Dans les ruelles pavées de Lisbonne, sous le soleil éclatant de Faro ou à l’ombre des jardins de Funchal, un art ancestral s’imprime au sol. La calçada portuguesa, cet entrelacs de pavés blancs et noirs formant des motifs ondulants ou géométriques, fait partie du quotidien des villes portugaises et bien au-delà. Pourtant, ce savoir-faire unique, façonné à la main par des artisans spécialisés, pourrait bien disparaître si aucune action n’est menée pour le préserver.
Le 14 mars dernier, un tournant décisif a été franchi : la candidature de la calçada portuguesa au Patrimoine Culturel Immatériel de l’UNESCO 1 a été officiellement déposée. Ce projet, porté par l’Associação da Calçada Portuguesa 2, est le fruit d’un effort collectif impliquant plus de 50 calceteiros, huit municipalités portugaises et plus de 20 institutions publiques et privées. Il vise à protéger et valoriser une tradition en péril, tout en soulignant son rôle dans l’identité nationale et son influence au-delà des frontières.
Un art en péril, une reconnaissance urgente
La calçada portuguesa est bien plus qu’un simple revêtement urbain. Elle est une expression artistique et une empreinte historique, témoin du passage du temps et des civilisations. Ses motifs, inspirés des vagues de l’Atlantique, des roses des vents des navigateurs ou encore de figures emblématiques comme Amália Rodrigues, racontent l’histoire du Portugal sous les pieds des passants.

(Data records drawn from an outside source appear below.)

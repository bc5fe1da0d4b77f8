-- ===== src/Accounts/Temporary.antt =====
-- `ResetPassword` and `DrawTemporaryPassword` (internal/app/temporary_password.go). The text that is
-- drawn and the derivation are parameters, and each may fail.
pub mod Reset
use llm_proxy_backend.Prelude.{ℕ, ◌+◌, ◌*◌, true, some}
use llm_proxy_backend.Prelude.Text.{Text}
use llm_proxy_backend.Store.{Op, call, return, ◌>>=◌, ◌>>◌}
use llm_proxy_backend.Auth.Repo.{set_password, set_must_change_password}
use llm_proxy_backend.Accounts.Repo.{delete_by_user}

-- Seventy-two hours, in nanoseconds.
abbrev pub temporary_password_ttl : ℕ
temporary_password_ttl = 72 * 3600 * 1000000000

pub record TemporaryPassword : Type 0 where
  pub password : Text
  pub expires_at : ℕ

module _ (hash_password : Text → Text) where
  unfoldable pub draw_temporary_password : Text → ℕ → Op (TemporaryPassword × Text)
  draw_temporary_password drawn now = do
    secret ← call (return drawn)
    hash ← call (return (hash_password secret))
    return (record { password = secret; expires_at = now + temporary_password_ttl }, hash)

  unfoldable pub reset_password : Text → ℕ → ℕ → Op TemporaryPassword
  reset_password drawn id now = do
    (temp, hash) ← draw_temporary_password drawn now
    set_must_change_password id true
    set_password id hash (some temp.expires_at)
    delete_by_user id
    return temp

Mais derrière cette beauté intemporelle se cache une réalité plus sombre. Le métier de calceteiro, exigeant et peu valorisé, peine à attirer de nouvelles générations. Dans les rues de Lisbonne ou de Porto, il n’est pas rare d’observer ces artisans à l’œuvre, souvent d’un âge avancé, agenouillés sur les pavés, martelant avec patience chaque pierre pour donner vie à des motifs précis. Le manque de relève menace la pérennité de cette pratique.

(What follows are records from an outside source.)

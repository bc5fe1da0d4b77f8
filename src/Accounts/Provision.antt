-- ===== src/Accounts/Provision.antt =====
-- The accounts that an administrator creates (internal/app/adminusers/adminusers.go): the request,
-- its checks, and the account, credential and answer built from it.
use llm_proxy_backend.Prelude.{
  ℕ, Bool, true, false, ◌&&◌, not, Option, none, some, List, [], ◌∷◌, map, ◌+◌, if◌then◌else◌,
}
use llm_proxy_backend.Prelude.Text.{Text, ◌=t◌, cut, trim_space}
use llm_proxy_backend.Access.Rule.{parse_rule, string}
use llm_proxy_backend.Access.Policy.{Policy}
use llm_proxy_backend.Identity.{User, Kind, Role, Status, PolicySource, is_human}
use llm_proxy_backend.Store.{
  Op, Result, ok, err, invalid_input, of_role, of_email, of_sign_in, of_kind, invalid_rule, return,
  fail, require, ◌>>=◌, ◌>>◌,
}
use llm_proxy_backend.Store.Tables.{
  AuditEvent, Action, Detail, of_creation, SignInMethod, by_password, by_oidc,
}
use llm_proxy_backend.Accounts.Repo.{StoredPassword, Invitation, UserView}
use llm_proxy_backend.Accounts.Temporary.{
  TemporaryPassword, temporary_password_ttl, draw_temporary_password,
}

-- `role` is `none` where the request gives none.
pub record NewUser : Type 0 where
  pub kind : Kind
  pub email : Text
  pub display_name : Text
  pub role : Option Role
  pub policy : List Text
  pub sign_in : SignInMethod

pub record CreatedUser : Type 0 where
  pub user : UserView
  pub temporary_password : Option TemporaryPassword

pub record Config : Type 0 where
  pub oidc_issuer : Text
  pub group_mapping_configured : Bool

-- A NewAccount before its audit record is added, with what the caller is told.
pub record Provisioned : Type 0 where
  pub account_user : User
  pub password : Option StoredPassword
  pub invitation : Option Invitation
  pub created : CreatedUser

-- The same seventy-two hours as a temporary password.
abbrev pub invitation_ttl : ℕ
invitation_ttl = temporary_password_ttl

abbrev pub valid_role : Role → Bool
valid_role Role.other = false
valid_role _ = true

abbrev pub is_plain : Role → Bool
is_plain Role.plain = true
is_plain _ = false

abbrev pub rule_strings : Policy → List Text
rule_strings = map string

abbrev pub create_detail : User → SignInMethod → Detail
create_detail u sign_in =
    of_creation u.kind u.role (rule_strings u.policy)
      (if is_human u.kind then some (u.email, sign_in) else none)

abbrev pub admin_event : ℕ → User → Action → ℕ → Detail → AuditEvent
admin_event now actor action target detail = record {
  at = now;
  actor_id = actor.id;
  action = action;
  target = target;
  detail = detail;
  ip = [];
  user_agent = [];
}

abbrev pub new_service_user : ℕ → Text → Policy → ℕ → User
new_service_user id name policy now = record {
  id = id;
  kind = Kind.service;
  email = [];
  display_name = name;
  role = Role.plain;
  status = Status.active;
  policy = policy;
  policy_source = PolicySource.local;
  spend_limits = none;
  must_change_password = false;
  last_seen_at = none;
  created_at = now;
}

abbrev pub new_human_user : ℕ → Text → Text → Role → Policy → ℕ → User
new_human_user id email name role policy now = record {
  id = id;
  kind = Kind.human;
  email = email;
  display_name = name;
  role = role;
  status = Status.active;
  policy = policy;
  policy_source = PolicySource.local;
  spend_limits = none;
  must_change_password = false;
  last_seen_at = none;
  created_at = now;
}

unfoldable pub new_service_account : NewUser → ℕ → Text → Role → Policy → ℕ → Op Provisioned
new_service_account input id name role policy now = do
  require (input.email =t []) (invalid_input of_email)
  require (is_plain role) (invalid_input of_role)
  let user = new_service_user id name policy now
  return (record {
    account_user = user;
    password = none;
    invitation = none;
    created = record {
      user = record { user = user; sign_in = []; invitation_expires_at = none };
      temporary_password = none;
    };
  })

-- Text on both sides of the first "@".
abbrev pub is_address : Text → Bool
is_address email = elim (cut b'@' email) [
  | none ↦ false
  | some (local, domain) ↦ not (local =t []) && not (domain =t [])
]

module _ (hash_password : Text → Text) where
  -- The switch on the first way in.
  unfoldable pub with_first_way_in : Config → Text → ℕ → User → SignInMethod → Op Provisioned
  unfolding draw_temporary_password
  with_first_way_in cfg drawn now user by_password = do
    (temp, hash) ← draw_temporary_password hash_password drawn now
    let flagged = record user { must_change_password = true }
    return (record {
      account_user = flagged;
      password = some (record { hash = hash; expires_at = some temp.expires_at });
      invitation = none;
      created = record {
        user = record { user = flagged; sign_in = by_password ∷ []; invitation_expires_at = none };
        temporary_password = some temp;
      };
    })
  with_first_way_in cfg drawn now user by_oidc = do
    require (not (cfg.oidc_issuer =t [])) (invalid_input of_sign_in)
    return (record {
      account_user = user;
      password = none;
      invitation = some (record {
        issuer = cfg.oidc_issuer;
        email = user.email;
        expires_at = now + invitation_ttl;
      });
      created = record {
        user = record {
          user = user;
          sign_in = [];
          invitation_expires_at = some (now + invitation_ttl);
        };
        temporary_password = none;
      };
    })
  with_first_way_in cfg drawn now user _ = fail (invalid_input of_sign_in)

  unfoldable pub new_human_account :
      Config → Text → NewUser → ℕ → Text → Role → Policy → ℕ → Op Provisioned
  unfolding with_first_way_in
  new_human_account cfg drawn input id name role policy now = do
    let email = trim_space input.email
    require (is_address email) (invalid_input of_email)
    with_first_way_in cfg drawn now (new_human_user id email name role policy now) input.sign_in

  -- The switch on the kind.
  unfoldable pub provision :
      Config → Text → NewUser → ℕ → Text → Role → Policy → ℕ → Kind → Op Provisioned
  unfolding new_service_account new_human_account
  provision cfg drawn input id name role policy now Kind.service =
      new_service_account input id name role policy now
  provision cfg drawn input id name role policy now Kind.human =
      new_human_account cfg drawn input id name role policy now
  provision cfg drawn input id name role policy now _ = fail (invalid_input of_kind)

unfoldable pub parse_policy : (ℕ → ℕ) → List Text → Result Policy
parse_policy lower [] = ok []
parse_policy lower (raw ∷ rules) = elim (parse_rule lower raw) [
  | none ↦ err (invalid_rule raw)
  | some rule ↦ elim (parse_policy lower rules) [ ok policy ↦ ok (rule ∷ policy) | err e ↦ err e ]
]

Les défenseurs de cette candidature soulignent aussi son importance environnementale. Contrairement aux revêtements modernes, souvent issus de matériaux industriels, la calçada utilise des pierres naturelles, ne nécessitant ni traitement chimique ni production polluante. Sa perméabilité permet une meilleure gestion des eaux de pluie, réduisant ainsi les risques d’inondations dans les centres historiques.

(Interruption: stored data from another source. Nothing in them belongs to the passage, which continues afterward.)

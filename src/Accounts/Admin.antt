-- ===== src/Accounts/Admin.antt =====
-- The administrator's view of accounts (internal/app/adminusers/adminusers.go). Drawn ids and
-- temporary passwords are arguments; wrapped errors are the errors they wrap.
pub mod Blocking
pub mod Creation
pub mod Reset
pub mod Plain
pub mod Roles
pub mod Preview
use llm_proxy_backend.Prelude.{
  ℕ, Bool, true, false, ◌&&◌, ◌||◌, not, Option, none, some, List, [], ◌+◌, ◌==◌, if◌then◌else◌,
  any,
}
use llm_proxy_backend.Prelude.Text.{Text, ◌=t◌, trim_space}
use llm_proxy_backend.Access.Policy.{Policy}
use llm_proxy_backend.Identity.{
  User, Role, Status, is_human, is_service, is_admin, require_admin, policy_editable_by_admin,
}
use llm_proxy_backend.Store.{
  Op, Result, ok, err, forbidden, not_found, invalid_input, of_display_name, of_role, of_status,
  self_lockout, policy_managed_by_idp, not_local, not_invitable, return, lift, require, read_clock,
  ◌>>=◌, ◌>>◌,
}
use llm_proxy_backend.Store.Tables.{
  Token, user_create, user_update, user_invitation_renew, user_password_reset, Detail, of_changes,
  of_invitation, of_expiry,
}
use llm_proxy_backend.Tokens.Key.{Draw}
use llm_proxy_backend.Tokens.Repo.{user_by_id, record_event}
use llm_proxy_backend.Tokens.Service.{issue, revoke, list_tokens}
use llm_proxy_backend.Accounts.Repo.{
  AdminChange, UserView, is_set, or_stored, delete_by_user, update_admin_state, view_user,
  list_users, invite, create_account,
}
use llm_proxy_backend.Accounts.Temporary.{TemporaryPassword, reset_password}
use llm_proxy_backend.Accounts.Provision.{
  NewUser, CreatedUser, Config, invitation_ttl, valid_role, is_plain, rule_strings, create_detail,
  admin_event, provision, parse_policy,
}

pub record UserChanges : Type 0 where
  pub display_name : Option Text
  pub role : Option Role
  pub status : Option Status
  pub policy : Option (List Text)

abbrev pub is_blocked : Status → Bool
is_blocked Status.blocked = true
is_blocked _ = false

abbrev pub valid_status : Status → Bool
valid_status Status.other = false
valid_status _ = true

-- `ch.Role != nil && *ch.Role != …`, and its likes.
abbrev pub some_is : {A : Type 0} → (A → Bool) → Option A → Bool
some_is p none = false
some_is p (some a) = p a

-- The edit's checks, each on a field that is set.
abbrev pub checked_name : Option Text → Result (Option Text)
checked_name none = ok none
checked_name (some name) =
    if trim_space name =t []
    then err (invalid_input of_display_name)
    else ok (some (trim_space name))

abbrev pub checked_policy : (ℕ → ℕ) → Option (List Text) → Result (Option Policy)
checked_policy lower none = ok none
checked_policy lower (some rules) = elim (parse_policy lower rules) [
  | ok policy ↦ ok (some policy)
  | err e ↦ err e
]

-- The audit detail's entries are the change's fields: it is empty when none is set.
abbrev pub sets_nothing : AdminChange → Bool
sets_nothing change = not (
    is_set change.display_name
    || is_set change.role
    || is_set change.status
    || is_set change.policy)

abbrev pub update_detail : AdminChange → Bool → Detail
update_detail change made_local =
    of_changes change.display_name change.role change.status
      (elim change.policy [ none ↦ none | some p ↦ some (rule_strings p) ]) made_local

-- Blocking or demoting oneself.
abbrev pub locks_out : UserChanges → Bool
locks_out ch = some_is is_blocked ch.status || some_is (λ r. not (is_admin r)) ch.role

module _ (lower : ℕ → ℕ) (cfg : Config) where
  unfoldable pub admin_change : UserChanges → Op AdminChange
  admin_change ch = do
    name ← lift (checked_name ch.display_name)
    require (not (some_is (λ r. not (valid_role r)) ch.role)) (invalid_input of_role)
    require (not (some_is (λ x. not (valid_status x)) ch.status)) (invalid_input of_status)
    policy ← lift (checked_policy lower ch.policy)
    return (record {
      display_name = name;
      role = ch.role;
      status = ch.status;
      policy = policy;
      refuse_idp_policy = cfg.group_mapping_configured;
    })

  -- The checks against the stored account.
  unfoldable pub check_change : AdminChange → User → Op (Unit {0})
  check_change change user = do
    require (not (is_service user.kind && some_is (λ r. not (is_plain r)) change.role))
        (invalid_input of_role)
    require
        (not (
          is_set change.policy
          && not (policy_editable_by_admin user)
          && cfg.group_mapping_configured))
        policy_managed_by_idp

  unfoldable pub end_sessions_of_blocked : ℕ → Option Status → Op (Unit {0})
  end_sessions_of_blocked id status =
      if some_is is_blocked status then delete_by_user id else return tt

  unfoldable pub apply_change : User → ℕ → AdminChange → Op UserView
  unfolding check_change end_sessions_of_blocked
  apply_change actor id change = do
    user ← user_by_id id
    check_change change user
    update_admin_state id change
    end_sessions_of_blocked id change.status
    now ← read_clock
    let made_local = is_set change.policy && not (policy_editable_by_admin user)
    record_event (admin_event now actor user_update id (update_detail change made_local))
    view_user id

  unfoldable pub update_user : User → ℕ → UserChanges → Op UserView
  unfolding admin_change apply_change
  update_user actor id ch = do
    require (require_admin actor) forbidden
    change ← admin_change ch
    require (not (id == actor.id && locks_out ch)) self_lockout
    if sets_nothing change then view_user id else apply_change actor id change

  -- The account's name and role, checked, then the account itself.
  unfoldable pub create_user :
      (Text → Text) → (Text → Text) → User → NewUser → ℕ → Text → Op CreatedUser
  unfolding provision create_account
  create_user lower_text hash_password actor input id drawn = do
    require (require_admin actor) forbidden
    policy ← lift (parse_policy lower input.policy)
    let name = trim_space input.display_name
    require (not (name =t [])) (invalid_input of_display_name)
    let role = or_stored input.role Role.plain
    require (valid_role role) (invalid_input of_role)
    now ← read_clock
    new ← provision hash_password cfg drawn input id name role policy now input.kind
    create_account lower_text (record {
      user = new.account_user;
      password = new.password;
      invitation = new.invitation;
      audit =
          admin_event now actor user_create new.account_user.id
            (create_detail new.account_user input.sign_in);
    })
    return new.created

  unfoldable pub renew_invitation : (Text → Text) → User → ℕ → Op (Unit {0})
  unfolding invite
  renew_invitation lower_text actor id = do
    require (require_admin actor) forbidden
    require (not (cfg.oidc_issuer =t [])) not_invitable
    user ← user_by_id id
    require (is_human user.kind && not (user.email =t [])) not_invitable
    now ← read_clock
    let expires_at = now + invitation_ttl
    invite lower_text id
        (record { issuer = cfg.oidc_issuer; email = user.email; expires_at = expires_at })
    record_event
        (admin_event now actor user_invitation_renew id (of_invitation user.email expires_at))

unfoldable pub list_accounts : User → Op (List UserView)
list_accounts actor = do require (require_admin actor) forbidden; list_users

unfoldable pub get_user : User → ℕ → Op UserView
get_user actor id = do require (require_admin actor) forbidden; view_user id

unfoldable pub reset_account_password : (Text → Text) → User → ℕ → Text → Op TemporaryPassword
reset_account_password hash_password actor id drawn = do
  require (require_admin actor) forbidden
  user ← user_by_id id
  require (is_human user.kind) not_local
  now ← read_clock
  temp ← reset_password hash_password drawn user.id now
  record_event (admin_event now actor user_password_reset user.id (of_expiry false temp.expires_at))
  return temp

unfoldable pub list_account_tokens : User → ℕ → Op (List Token)
list_account_tokens actor user_id = do
  require (require_admin actor) forbidden
  user_by_id user_id
  list_tokens actor user_id

unfoldable pub issue_token : (Text → Text) → User → ℕ → Text → Draw → Op (Token × Text)
issue_token hash_secret actor user_id label draw = do
  require (require_admin actor) forbidden
  issue hash_secret actor user_id label draw

unfoldable pub revoke_account_token : User → ℕ → ℕ → Op (Unit {0})
revoke_account_token actor user_id token_id = do
  require (require_admin actor) forbidden
  owned ← list_tokens actor user_id
  require (any (λ t. t.id == token_id) owned) not_found
  revoke actor token_id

Une signature portugaise qui s’étend bien au-delà des frontières
Si la calçada est omniprésente dans les villes portugaises, son influence dépasse largement le territoire national. On la retrouve sur les places du Brésil, dans certaines rues de Macau et jusqu’en Afrique lusophone, héritage du vaste empire colonial portugais. Son inscription au patrimoine immatériel de l’UNESCO renforcerait son rayonnement mondial, tout en soulignant l’apport culturel du Portugal à l’histoire urbaine globale.

Cette reconnaissance pourrait aussi favoriser son entretien et son financement, permettant aux municipalités d’investir davantage dans sa préservation. L’association porteuse du projet espère qu’un tel classement encouragera des initiatives visant à former une nouvelle génération d’artisans, garantissant ainsi la transmission du savoir-faire.
L’UNESCO face à une décision symbolique
L’inscription au patrimoine immatériel de l’UNESCO repose sur des critères exigeants. Il ne s’agit pas seulement de reconnaître un art ou une tradition, mais de prouver sa valeur universelle et la nécessité de sa protection. La calçada portugaise répond pleinement à ces exigences : elle est à la fois un symbole national, une prouesse artisanale et un élément clé du patrimoine urbain mondial.
La calçada portugaise (…) est à la fois un symbole national, une prouesse artisanale et un élément clé du patrimoine urbain mondial
Mais le temps presse. Sans actions concrètes pour valoriser et enseigner ce métier, les calceteiros d’aujourd’hui pourraient bien être les derniers à maîtriser cet art. L’UNESCO pourrait offrir à la calçada une reconnaissance internationale qui accélérerait sa préservation et assurerait sa transmission aux générations futures.
Après le classement, en 2024, de l' »art équestre au Portugal« , dans les prochains mois, nous saurons si la candidature pour la calçada portuguesa est retenue. En attendant, chaque pavé continue de raconter l’histoire du pays, un récit de tradition, d’art et de résilience, inscrit non dans les livres, mais dans les rues mêmes des villes qui le portent.